The effect of appointing experts early

In Lalana Hans Place Ltd v. Michael Barclay Partnership LLP [2017] EWHC 29 (TCC), engineering advisers had been appointed in relation to the defendant's work. The engineering advisers' advice led to remedial works. At the same time, the claimant instructed an expert engineer for legal proceedings to recover the costs of implementing the remedial works. Coulson J observed that it is not "uncommon for a litigation expert, who is involved early in the relevant decision-making process, to give advice as to what should be done or not done. That advice may then be a matter of fact relevant to, for example, a decision to demolish or, as in this case, a decision to carry out costly remedial works".

A week before trial, the defendant made an application requiring the claimant to provide further information relating to the advice given by the claimant's expert at the time the decision was taken to undertake remedial work. The request specifically concerned the advice, contact, comment, and sharing of information between the advisers and the expert, and any involvement the expert had in the decision to undertake remedial work. Coulson J ordered the claimant to answer the request, although he could not determine at that stage whether privilege might apply.

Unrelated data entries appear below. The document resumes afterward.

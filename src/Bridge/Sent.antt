-- ===== src/Bridge/Sent.antt =====
-- What the request of `/gate` has done when its answer has come.
use dvk_claude.Common.{String, ◌≡◌, ◌≢◌, refl, Bool, true, false, Option, none, some, List, arith}
use dvk_claude.Json.{string}
use dvk_claude.Result.{
  Error, controller_error, stale_result, gate_conflict, value_error, key_error, Result, ok, err,
  ◌>>=◌, Ensures,
}
use dvk_claude.Controller.Schema.{Decision, approved, rejected, GateDecision, Db}
use dvk_claude.Controller.Gates.{resolve_gate}
use dvk_claude.Controller.Views.{PendingGate}
use dvk_claude.Controller.Named.{Says, resolve_gate-Says}
use dvk_claude.Api.{
  Server, Payload, decided, unauthorized, operator_auth, error_answer, when, finish,
}
use dvk_claude.Api.Post.{do_post, resolve}
use dvk_claude.Worker.Client.{Fate, delivered, request_lost, reply_lost, Exchange}
use dvk_claude.Bridge.{
  Settings, Trouble, refused, broken, escapes, Notice, resolved, resolved_otherwise, raised,
  operator_token_of, actor, request_to, reply_of, no_token, note_of, path_of, Handled, handled,
  trouble_notice, answer_notice, body_of, sent, decide_gate,
}

-- A decision may have been applied.
abbrev pub may_have_decided : Notice → Bool
may_have_decided (resolved d) = true
may_have_decided (resolved_otherwise g) = true
may_have_decided raised = true
may_have_decided _ = false

-- An answer about the gate `g`: a decision is the one that was asked for, and the database is as it
-- was without one.
pub record Fine (base : Db) (action : Decision) (g : PendingGate) (h : Handled) : Type 0 where
  pub decides :
      (d : GateDecision) → h.notice ≡ resolved d → Says g.job_id g.gate g.source_run_id action d
  pub otherwise : may_have_decided h.notice ≡ false → h.db ≡ base

pub trouble-unresolved : (t : Trouble) (d : GateDecision) → trouble_notice t ≢ resolved d
trouble-unresolved escapes d h = cc
trouble-unresolved (broken m) d h = cc
trouble-unresolved (refused code shown) d h = ground (arith, h)

module _ (base : Db) (action : Decision) (g : PendingGate) where
  abbrev FineHere : Handled → Type 0
  FineHere = Fine base action g

  trouble-Fine : (t : Trouble) → FineHere (handled (trouble_notice t) base)
  trouble-Fine t = record {
    decides = λ d h. absurd (trouble-unresolved t d h);
    otherwise = λ _. refl;
  }

  raised-Fine : (db : Db) → FineHere (handled raised db)
  raised-Fine db = record { decides = λ d h. absurd cc; otherwise = λ h. absurd cc }

  error-Fine : (e : Error) → FineHere (handled (answer_notice g (reply_of (error_answer e))) base)
  unfolding error_answer
  error-Fine (gate_conflict m) = trouble-Fine (refused 409 (Payload.raised (gate_conflict m)))
  error-Fine (stale_result m) = trouble-Fine (refused 409 (Payload.raised (stale_result m)))
  error-Fine (controller_error m) = trouble-Fine (refused 400 (Payload.raised (controller_error m)))
  error-Fine (value_error m) = trouble-Fine (refused 400 (Payload.raised (value_error m)))
  error-Fine key_error = trouble-Fine (refused 400 (Payload.raised key_error))
  error-Fine e = trouble-Fine escapes

  finished-Fine :
      (m : Result (GateDecision × Db))
      → Ensures (λ r. Says g.job_id g.gate g.source_run_id action r.0) m
      → FineHere (sent delivered g (finish decided base m) base)
  unfolding finish
  finished-Fine (ok (d, new)) says = record {
    decides = λ e h. let s = says.holds (d, new) refl in rw (the_same e h) s;
    otherwise = λ h. absurd cc;
  }
    where
      the_same : (e : GateDecision) → resolved d ≡ resolved e → e ≡ d
      the_same e h = cc
  finished-Fine (err e) says = error-Fine e

  authorized-Fine :
      (auth : Result Bool) (m : Result (GateDecision × Db))
      → Ensures (λ r. Says g.job_id g.gate g.source_run_id action r.0) m
      → FineHere (sent delivered g (when base auth (finish decided base m)) base)
  unfolding when
  authorized-Fine (ok true) m says = finished-Fine m says
  authorized-Fine (ok false) m says = trouble-Fine (refused 401 unauthorized)
  authorized-Fine (err e) m says = error-Fine e

module _ (srv : Server) (settings : Settings) where
  posted :
      (action : Decision) (rest : List String) (y : Exchange) (g : PendingGate) (t : String)
      (db : Db)
      → do_post y.first y.later srv (request_to t (path_of action)) (body_of settings g rest) db
        ≡ when db (operator_auth srv (request_to t (path_of action))) (
            finish decided db (
              resolve_gate y.later
                (string g.job_id)
                (string g.gate)
                action
                (string g.source_run_id)
                (string (actor settings))
                (note_of rest)
                db))
  unfolding do_post resolve ◌>>=◌
  posted approved rest y g t db = refl
  posted rejected rest y g t db = refl

  sent-Fine :
      (action : Decision) (rest : List String) (y : Exchange) (g : PendingGate) (t : String)
      (db : Db) (fate : Fate)
      → Fine db action g (
          sent fate g
            (do_post y.first y.later srv
              (request_to t (path_of action))
              (body_of settings g rest)
              db)
            db)
  sent-Fine action rest y g t db delivered = rw (posted action rest y g t db) (
      authorized-Fine db action g (operator_auth srv (request_to t (path_of action))) _ (
        resolve_gate-Says y.later g.job_id g.gate g.source_run_id action (string (actor settings))
          (note_of rest) db))
  sent-Fine action rest y g t db request_lost =
      trouble-Fine db action g (broken "Controller unavailable")
  sent-Fine action rest y g t db reply_lost = raised-Fine db action g _

  pub decide_gate-Fine :
      (action : Decision) (rest : List String) (y : Exchange) (g : PendingGate) (db : Db)
      → Fine db action g (decide_gate srv settings action rest y g db)
  unfolding decide_gate
  decide_gate-Fine action rest y g db = by_token (operator_token_of settings)
    where
      by_token :
          (o : Option String)
          → Fine db action g (elim o [
            | none ↦ handled (trouble_notice no_token) db
            | some t ↦
                sent y.fate g
                  (do_post y.first y.later srv
                    (request_to t (path_of action))
                    (body_of settings g rest)
                    db)
                  db
          ])
      by_token none = trouble-Fine db action g no_token
      by_token (some t) = sent-Fine action rest y g t db y.fate
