-- ===== src/Bridge/Decided.antt =====
-- What `/gate` has done when it has answered.
use dvk_claude.Common.{
  ◌≤◌, String, ◌≡◌, ◌≢◌, refl, false, Option, none, some, List, [], ◌∷◌, ◌⊎◌, inl, inr, codes,
  length, arith,
}
use dvk_claude.Result.{Result, ok, err}
use dvk_claude.Controller.Schema.{Decision, GateDecision, Db, Env}
use dvk_claude.Controller.Views.{PendingGate}
use dvk_claude.Controller.Machine.{Call, run}
use dvk_claude.Controller.Named.{Says}
use dvk_claude.Api.{Server}
use dvk_claude.Worker.Client.{Exchange}
use dvk_claude.Bridge.Shlex.{shlex_split}
use dvk_claude.Bridge.{
  Settings, Trouble, Notice, usage, resolved, only_gate, matching, min_job_prefix, select_gate,
  select_listed, action_of, Handled, handled, trouble_notice, pending_gates, chosen, decide_parts,
  parsed, handle_gate,
}
use dvk_claude.Bridge.Sent.{decide_gate-Fine, may_have_decided, trouble-unresolved}

only_gate_lem : (gs : List PendingGate) (g : PendingGate) → only_gate gs ≡ inr g → gs ≡ g ∷ []
only_gate_lem [] g h = absurd cc
only_gate_lem (g ∷ []) h e = cc
only_gate_lem (g ∷ h ∷ gs) i e = absurd cc

-- The prefix is long enough, and one listed gate matches it.
abbrev pub Selects : String → Trouble ⊎ List PendingGate → PendingGate → Type 0
Selects job_prefix o g =
    (gs : List PendingGate) × (o ≡ inr gs)
    × (min_job_prefix ≤ length (codes job_prefix))
    × (matching job_prefix gs ≡ g ∷ [])

select_listed-Selects :
    (job_prefix : String) (o : Trouble ⊎ List PendingGate) (g : PendingGate)
    → select_listed job_prefix o ≡ inr g
    → Selects job_prefix o g
unfolding select_gate
select_listed-Selects job_prefix (inl t) g h = absurd cc
select_listed-Selects job_prefix (inr gs) g h =
    let (long, e) = long_and_only h in (gs, refl, long, only_gate_lem (matching job_prefix gs) g e)
  where
    long_and_only :
        select_gate job_prefix gs ≡ inr g
        → (min_job_prefix ≤ length (codes job_prefix))
          × (only_gate (matching job_prefix gs) ≡ inr g)
    long_and_only h = ground (arith, h)

module _ (srv : Server) (settings : Settings) (x : Exchange) (others : List (Env × Call))
    (y : Exchange) where
  -- The decision is what the command asks for, about the one gate that it selects.
  pub record Asks (parts : List String) (db : Db) (d : GateDecision) : Type 0 where
    pub word : String
    pub job_prefix : String
    pub note : List String
    pub action : Decision
    pub gate : PendingGate
    pub asked : parts ≡ word ∷ job_prefix ∷ note
    pub meant : action_of word ≡ some action
    pub selected : Selects job_prefix (pending_gates srv settings x db) gate
    pub says : Says gate.job_id gate.gate gate.source_run_id action d

  -- Nothing was written, or nothing but by the calls that came between.
  abbrev pub Untouched : Db → Db → Type 0
  Untouched db new = (new ≡ db) ⊎ (new ≡ run others db)

  record Answers (parts : List String) (db : Db) (h : Handled) : Type 0 where
    decides : (d : GateDecision) → h.notice ≡ resolved d → Asks parts db d
    otherwise : may_have_decided h.notice ≡ false → Untouched db h.db

  quiet-Answers :
      (parts : List String) (db : Db) (n : Notice)
      → ((d : GateDecision) → n ≢ resolved d)
      → Answers parts db (handled n db)
  quiet-Answers parts db n unlike = record {
    decides = λ d h. absurd (unlike d h);
    otherwise = λ _. inl refl;
  }

  chosen-Answers :
      (a job_prefix : String) (rest : List String) (action : Decision) (db : Db)
      (o : Trouble ⊎ PendingGate)
      → action_of a ≡ some action
      → select_listed job_prefix (pending_gates srv settings x db) ≡ o
      → Answers (a ∷ job_prefix ∷ rest) db (chosen srv settings action rest y others db o)
  chosen-Answers a job_prefix rest action db (inl t) m s =
      quiet-Answers (a ∷ job_prefix ∷ rest) db (trouble_notice t) (trouble-unresolved t)
  chosen-Answers a job_prefix rest action db (inr g) m s =
      let fine = decide_gate-Fine srv settings action rest y g (run others db) in
      record {
        decides = λ d h. record {
          word = a;
          job_prefix = job_prefix;
          note = rest;
          action = action;
          gate = g;
          asked = refl;
          meant = m;
          selected = select_listed-Selects job_prefix (pending_gates srv settings x db) g s;
          says = fine.decides d h;
        };
        otherwise = λ h. inr (fine.otherwise h);
      }

  decide_parts-Answers :
      (parts : List String) (db : Db)
      → Answers parts db (decide_parts srv settings parts x others y db)
  unfolding decide_parts
  decide_parts-Answers [] db = quiet-Answers [] db usage (λ d h. cc)
  decide_parts-Answers (a ∷ []) db = quiet-Answers (a ∷ []) db usage (λ d h. cc)
  decide_parts-Answers (a ∷ job_prefix ∷ rest) db = by_action (action_of a) refl
    where
      by_action :
          (o : Option Decision)
          → action_of a ≡ o
          → Answers (a ∷ job_prefix ∷ rest) db (elim o [
            | none ↦ handled usage db
            | some action ↦
                chosen srv settings action rest y others db
                  (select_listed job_prefix (pending_gates srv settings x db))
          ])
      by_action none m = quiet-Answers (a ∷ job_prefix ∷ rest) db usage (λ d h. cc)
      by_action (some action) m = chosen-Answers a job_prefix rest action db _ m refl

  -- A command that was read, and its answer.
  abbrev pub Read : String → Db → GateDecision → Type 0
  Read raw_args db d = (parts : List String) × (shlex_split raw_args ≡ ok parts) × Asks parts db d

  read-Answers :
      (db : Db) (m : Result (List String))
      → let h = parsed srv settings x others y db m in
        ((d : GateDecision)
          → h.notice ≡ resolved d
          → (parts : List String) × (m ≡ ok parts) × Asks parts db d)
        × (may_have_decided h.notice ≡ false → Untouched db h.db)
  read-Answers db (err e) = (λ d h. absurd cc, λ _. inl refl)
  read-Answers db (ok parts) =
      let answers = decide_parts-Answers parts db in
      (λ d h. (parts, refl, answers.decides d h), answers.otherwise)

  -- When `/gate` answers that a gate is decided, the decision is the one that the command asks for,
  -- about the job, the gate and the run of the only listed gate whose job begins with the prefix, which
  -- has 8 characters at least; whatever calls of the controller came between.
  pub handle_gate-decides :
      (raw_args : String) (db : Db) (d : GateDecision)
      → (handle_gate srv settings x others y raw_args db).notice ≡ resolved d
      → Read raw_args db d
  unfolding handle_gate
  handle_gate-decides raw_args db = (read-Answers db (shlex_split raw_args)).0

  -- When `/gate` answers that nothing was decided, it has changed nothing: the database is as it was,
  -- or as the calls of the controller that came between have left it.
  pub handle_gate-refused :
      (raw_args : String) (db : Db)
      → may_have_decided (handle_gate srv settings x others y raw_args db).notice ≡ false
      → Untouched db (handle_gate srv settings x others y raw_args db).db
  unfolding handle_gate
  handle_gate-refused raw_args db = (read-Answers db (shlex_split raw_args)).1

The judgment is a reminder to keep the roles of project adviser and litigation expert separate. In later proceedings all communications between the advisers and the expert will be disclosable if they are relevant to the decisions taken during the project and, ultimately, to the case. It may be sensible to instruct experts for litigation after advisers have provided opinions on remedial solutions (although bear in mind that the litigation expert might not agree with the remedial solution and his/her view on the appropriate remedial solution may need to be set out in any expert report to the court).

Can an expert act for the defendant, having acted for the claimant?

Wheeldon Brothers Waste Ltd v. Millennium Insurance Company Ltd [2017] EWHC 218 (TCC) was a claim in which the claimant sought to recover £1.5 million damages from insurers (Millennium) following a fire. Millennium declined to accept liability under the insurance policy. The claimant applied to the court, seeking to prohibit Millennium from relying on its chosen expert's evidence.

The expert in question had been originally instructed by Millennium to investigate the cause of the fire, and had attended the site the day after the fire. On the basis of the expert's investigations and findings, Millennium declined liability under the insurance policy.

As the claim under the insurance policy had been rejected, the claimant then approached Millennium's expert to assist in its attempted recovery against third parties. Against this background, Millennium's loss adjusters gave permission for the claimant to instruct the expert. The claimant's solicitors instructed the expert, making clear that his instruction was to assist "with [the claimant's] proposed recovery" against third parties, and he produced a report. A copy of this report was later served with the claimant's letter of claim against Millennium. Formal proceedings then began, and Millennium then instructed the expert as its expert witness in the case.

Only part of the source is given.